Instructions to follow:
Could you repeat the entries below word for word, leaving nothing out?

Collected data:

------------------------------------------------------------------------

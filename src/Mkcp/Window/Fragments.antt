-- ===== src/Mkcp/Window/Fragments.antt =====
-- The loop of `recv` on the fragments that `send` cuts.
use Prim.Native.Nat.{min}
use v2ray.Prelude.{
  ℕ, zero, suc, ◌+◌, ◌*◌, ◌%◌, ◌≤◌, ◌<◌, ◌≡◌, refl, arith, false, List, [], ◌∷◌, ◌++◌, length,
  length-append, take, take-append, drop-append, ◌∙◌, inl, inr, ap, append_assoc, le→ltb, ◌==◌,
}
use v2ray.Common.Result.Access.{split_at}
use v2ray.Common.Result.{Result, ok}
use v2ray.Mkcp.Segment.{Segment, new_segment, cmd_push}
use v2ray.Mkcp.Window.{fragments, recv_loop, copy_at}

-- `pre` has been written; the fragments add `xs` and leave the end of the buffer.
copy_lem :
    (pre bytes hole rest : List ℕ)
    → length hole ≡ length bytes
    → copy_at (pre ++ (hole ++ rest)) (length pre) bytes ≡ ok (pre ++ (bytes ++ rest))
copy_lem pre bytes hole rest h = rw (
  le→ltb (length (pre ++ (hole ++ rest))) (length pre + length bytes)
      (omega (arith, length-append pre (hole ++ rest), length-append hole rest)),
  take-append (length pre) pre (hole ++ rest) refl,
  ← append_assoc pre hole rest,
  drop-append (length pre + length bytes) (pre ++ hole) rest
      (omega (arith, length-append pre hole)),
)

-- The fragment that carries `bytes`, with `n` more behind it.
abbrev pub fragment : ℕ → ℕ → List ℕ → Segment
fragment conv n bytes = record (new_segment conv cmd_push) { frg = n % 256; payload = bytes }

take-all : (xs : List ℕ) → take (length xs) xs ≡ xs
take-all [] = refl
take-all (x ∷ xs) = ap (◌∷◌ x) (take-all xs)

pub fragments_last :
    (conv mss : ℕ) (xs : List ℕ)
    → length xs ≤ mss
    → fragments conv mss 1 xs ≡ fragment conv 0 xs ∷ []
unfolding fragments
fragments_last conv mss xs h =
    let e : min (length xs) mss ≡ length xs = omega arith in rw (e, take-all xs)

fragments_more :
    (conv n : ℕ) (ys zs : List ℕ)
    → fragments conv (length ys) (suc n) (ys ++ zs)
      ≡ fragment conv n ys ∷ fragments conv (length ys) n zs
unfolding fragments
fragments_more conv n ys zs =
    let e : min (length (ys ++ zs)) (length ys) ≡ length ys = omega (arith, length-append ys zs) in
    rw (e, take-append (length ys) ys zs refl, drop-append (length ys) ys zs refl)

recv_more :
    (conv n : ℕ) (bytes pre hole rest : List ℕ) (queue : List Segment)
    → (n % 256 == 0) ≡ false
    → length hole ≡ length bytes
    → recv_loop (fragment conv n bytes ∷ queue) (pre ++ (hole ++ rest)) (length pre)
      ≡ recv_loop queue ((pre ++ bytes) ++ rest) (length (pre ++ bytes))
unfolding recv_loop
recv_more conv n bytes pre hole rest queue b h =
    rw (copy_lem pre bytes hole rest h, b, length-append pre bytes, append_assoc pre bytes rest)

recv_last :
    (conv : ℕ) (bytes pre hole rest : List ℕ) (queue : List Segment)
    → length hole ≡ length bytes
    → recv_loop (fragment conv 0 bytes ∷ queue) (pre ++ (hole ++ rest)) (length pre)
      ≡ ok (queue, pre ++ (bytes ++ rest), length pre + length bytes)
unfolding recv_loop
recv_last conv bytes pre hole rest queue h = rw (copy_lem pre bytes hole rest h)

pub nonzero : (n : ℕ) → suc n < 256 → (suc n % 256 == 0) ≡ false
nonzero n h = ground arith

abbrev pub done : List Segment → List ℕ → ℕ → Result (List Segment × List ℕ × ℕ)
done queue buf pos = ok (queue, buf, pos)

joined :
    (pre ys zs rest : List ℕ) (queue : List Segment)
    → done queue ((pre ++ ys) ++ (zs ++ rest)) (length (pre ++ ys) + length zs)
      ≡ done queue (pre ++ ((ys ++ zs) ++ rest)) (length pre + length (ys ++ zs))
joined pre ys zs rest queue =
    rw (append_assoc pre ys (zs ++ rest), append_assoc ys zs rest)
      (ap (done queue (pre ++ (ys ++ (zs ++ rest))))
        (omega (arith, length-append pre ys, length-append ys zs)))

pub recv-fragments :
    (conv mss n : ℕ) (xs pre hole rest : List ℕ) (queue : List Segment)
    → n * mss < length xs
    → length xs ≤ suc n * mss
    → n < 256
    → length hole ≡ length xs
    → recv_loop (fragments conv mss (suc n) xs ++ queue) (pre ++ (hole ++ rest)) (length pre)
      ≡ ok (queue, pre ++ (xs ++ rest), length pre + length xs)
recv-fragments conv mss zero xs pre hole rest queue lo hi small h =
    rw (fragments_last conv mss xs (omega arith)) (recv_last conv xs pre hole rest queue h)
recv-fragments conv mss (suc n) xs pre hole rest queue lo hi small h = elim (split_at mss xs) [
  | inl short ↦ absurd (omega arith)
  | inr (ys, zs, hy, e) ↦ elim (split_at mss hole) [
    | inl short ↦ absurd (omega arith)
    | inr (hs, ts, hh, k) ↦
        let size : length xs ≡ length ys + length zs = rw e (length-append ys zs) in
        let room : length hole ≡ length hs + length ts = rw k (length-append hs ts) in
        let lo' : n * length ys < length zs = rw hy (grind arith) in
        let hi' : length zs ≤ suc n * length ys = rw hy (grind arith) in
        rw
          (
            e,
            k,
            ← hy,
            fragments_more conv (suc n) ys zs,
            append_assoc hs ts rest,
            recv_more conv (suc n) ys pre hs (ts ++ rest)
                (fragments conv (length ys) (suc n) zs ++ queue) (nonzero n small) (omega arith),
          )
          (recv-fragments conv (length ys) n zs (pre ++ ys) ts rest queue lo' hi' (omega arith)
              (omega arith)
            ∙ joined pre ys zs rest queue)
  ]
]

------------------------------------------------------------------------

Worked solution:
filename src/Mkcp/Window/Fragments.antt
-- ===== src/Mkcp/Window/Fragments.antt =====
-- The loop of `recv` on the fragments that `send` cuts.
use Prim.Native.Nat.{min}
use v2ray.Prelude.{
  ℕ, zero, suc, ◌+◌, ◌*◌, ◌%◌, ◌≤◌, ◌<◌, ◌≡◌, refl, arith, false, List, [], ◌∷◌, ◌++◌, length,
  length-append, take, take-append, drop-append, ◌∙◌, inl, inr, ap, append_assoc, le→ltb, ◌==◌,
}
use v2ray.Common.Result.Access.{split_at}
use v2ray.Common.Result.{Result, ok}
use v2ray.Mkcp.Segment.{Segment, new_segment, cmd_push}
use v2ray.Mkcp.Window.{fragments, recv_loop, copy_at}

-- `pre` has been written; the fragments add `xs` and leave the end of the buffer.
copy_lem :
    (pre bytes hole rest : List ℕ)
    → length hole ≡ length bytes
    → copy_at (pre ++ (hole ++ rest)) (length pre) bytes ≡ ok (pre ++ (bytes ++ rest))
copy_lem pre bytes hole rest h = rw (
  le→ltb (length (pre ++ (hole ++ rest))) (length pre + length bytes)
      (omega (arith, length-append pre (hole ++ rest), length-append hole rest)),
  take-append (length pre) pre (hole ++ rest) refl,
  ← append_assoc pre hole rest,
  drop-append (length pre + length bytes) (pre ++ hole) rest
      (omega (arith, length-append pre hole)),
)

-- The fragment that carries `bytes`, with `n` more behind it.
abbrev pub fragment : ℕ → ℕ → List ℕ → Segment
fragment conv n bytes = record (new_segment conv cmd_push) { frg = n % 256; payload = bytes }

take-all : (xs : List ℕ) → take (length xs) xs ≡ xs
take-all [] = refl
take-all (x ∷ xs) = ap (◌∷◌ x) (take-all xs)

pub fragments_last :
    (conv mss : ℕ) (xs : List ℕ)
    → length xs ≤ mss
    → fragments conv mss 1 xs ≡ fragment conv 0 xs ∷ []
unfolding fragments
fragments_last conv mss xs h =
    let e : min (length xs) mss ≡ length xs = omega arith in rw (e, take-all xs)

fragments_more :
    (conv n : ℕ) (ys zs : List ℕ)
    → fragments conv (length ys) (suc n) (ys ++ zs)
      ≡ fragment conv n ys ∷ fragments conv (length ys) n zs
unfolding fragments
fragments_more conv n ys zs =
    let e : min (length (ys ++ zs)) (length ys) ≡ length ys = omega (arith, length-append ys zs) in
    rw (e, take-append (length ys) ys zs refl, drop-append (length ys) ys zs refl)

recv_more :
    (conv n : ℕ) (bytes pre hole rest : List ℕ) (queue : List Segment)
    → (n % 256 == 0) ≡ false
    → length hole ≡ length bytes
    → recv_loop (fragment conv n bytes ∷ queue) (pre ++ (hole ++ rest)) (length pre)
      ≡ recv_loop queue ((pre ++ bytes) ++ rest) (length (pre ++ bytes))
unfolding recv_loop
recv_more conv n bytes pre hole rest queue b h =
    rw (copy_lem pre bytes hole rest h, b, length-append pre bytes, append_assoc pre bytes rest)

recv_last :
    (conv : ℕ) (bytes pre hole rest : List ℕ) (queue : List Segment)
    → length hole ≡ length bytes
    → recv_loop (fragment conv 0 bytes ∷ queue) (pre ++ (hole ++ rest)) (length pre)
      ≡ ok (queue, pre ++ (bytes ++ rest), length pre + length bytes)
unfolding recv_loop
recv_last conv bytes pre hole rest queue h = rw (copy_lem pre bytes hole rest h)

pub nonzero : (n : ℕ) → suc n < 256 → (suc n % 256 == 0) ≡ false
nonzero n h = ground arith

abbrev pub done : List Segment → List ℕ → ℕ → Result (List Segment × List ℕ × ℕ)
done queue buf pos = ok (queue, buf, pos)

joined :
    (pre ys zs rest : List ℕ) (queue : List Segment)
    → done queue ((pre ++ ys) ++ (zs ++ rest)) (length (pre ++ ys) + length zs)
      ≡ done queue (pre ++ ((ys ++ zs) ++ rest)) (length pre + length (ys ++ zs))
joined pre ys zs rest queue =
    rw (append_assoc pre ys (zs ++ rest), append_assoc ys zs rest)
      (ap (done queue (pre ++ (ys ++ (zs ++ rest))))
        (omega (arith, length-append pre ys, length-append ys zs)))

pub recv-fragments :
    (conv mss n : ℕ) (xs pre hole rest : List ℕ) (queue : List Segment)
    → n * mss < length xs
    → length xs ≤ suc n * mss
    → n < 256
    → length hole ≡ length xs
    → recv_loop (fragments conv mss (suc n) xs ++ queue) (pre ++ (hole ++ rest)) (length pre)
      ≡ ok (queue, pre ++ (xs ++ rest), length pre + length xs)
recv-fragments conv mss zero xs pre hole rest queue lo hi small h =
    rw (fragments_last conv mss xs (omega arith)) (recv_last conv xs pre hole rest queue h)
recv-fragments conv mss (suc n) xs pre hole rest queue lo hi small h = elim (split_at mss xs) [
  | inl short ↦ absurd (omega arith)
  | inr (ys, zs, hy, e) ↦ elim (split_at mss hole) [
    | inl short ↦ absurd (omega arith)
    | inr (hs, ts, hh, k) ↦
        let size : length xs ≡ length ys + length zs = rw e (length-append ys zs) in
        let room : length hole ≡ length hs + length ts = rw k (length-append hs ts) in
        let lo' : n * length ys < length zs = rw hy (grind arith) in
        let hi' : length zs ≤ suc n * length ys = rw hy (grind arith) in
        rw
          (
            e,
            k,
            ← hy,
            fragments_more conv (suc n) ys zs,
            append_assoc hs ts rest,
            recv_more conv (suc n) ys pre hs (ts ++ rest)
                (fragments conv (length ys) (suc n) zs ++ queue) (nonzero n small) (omega arith),
          )
          (recv-fragments conv (length ys) n zs (pre ++ ys) ts rest queue lo' hi' (omega arith)
              (omega arith)
            ∙ joined pre ys zs rest queue)
  ]
]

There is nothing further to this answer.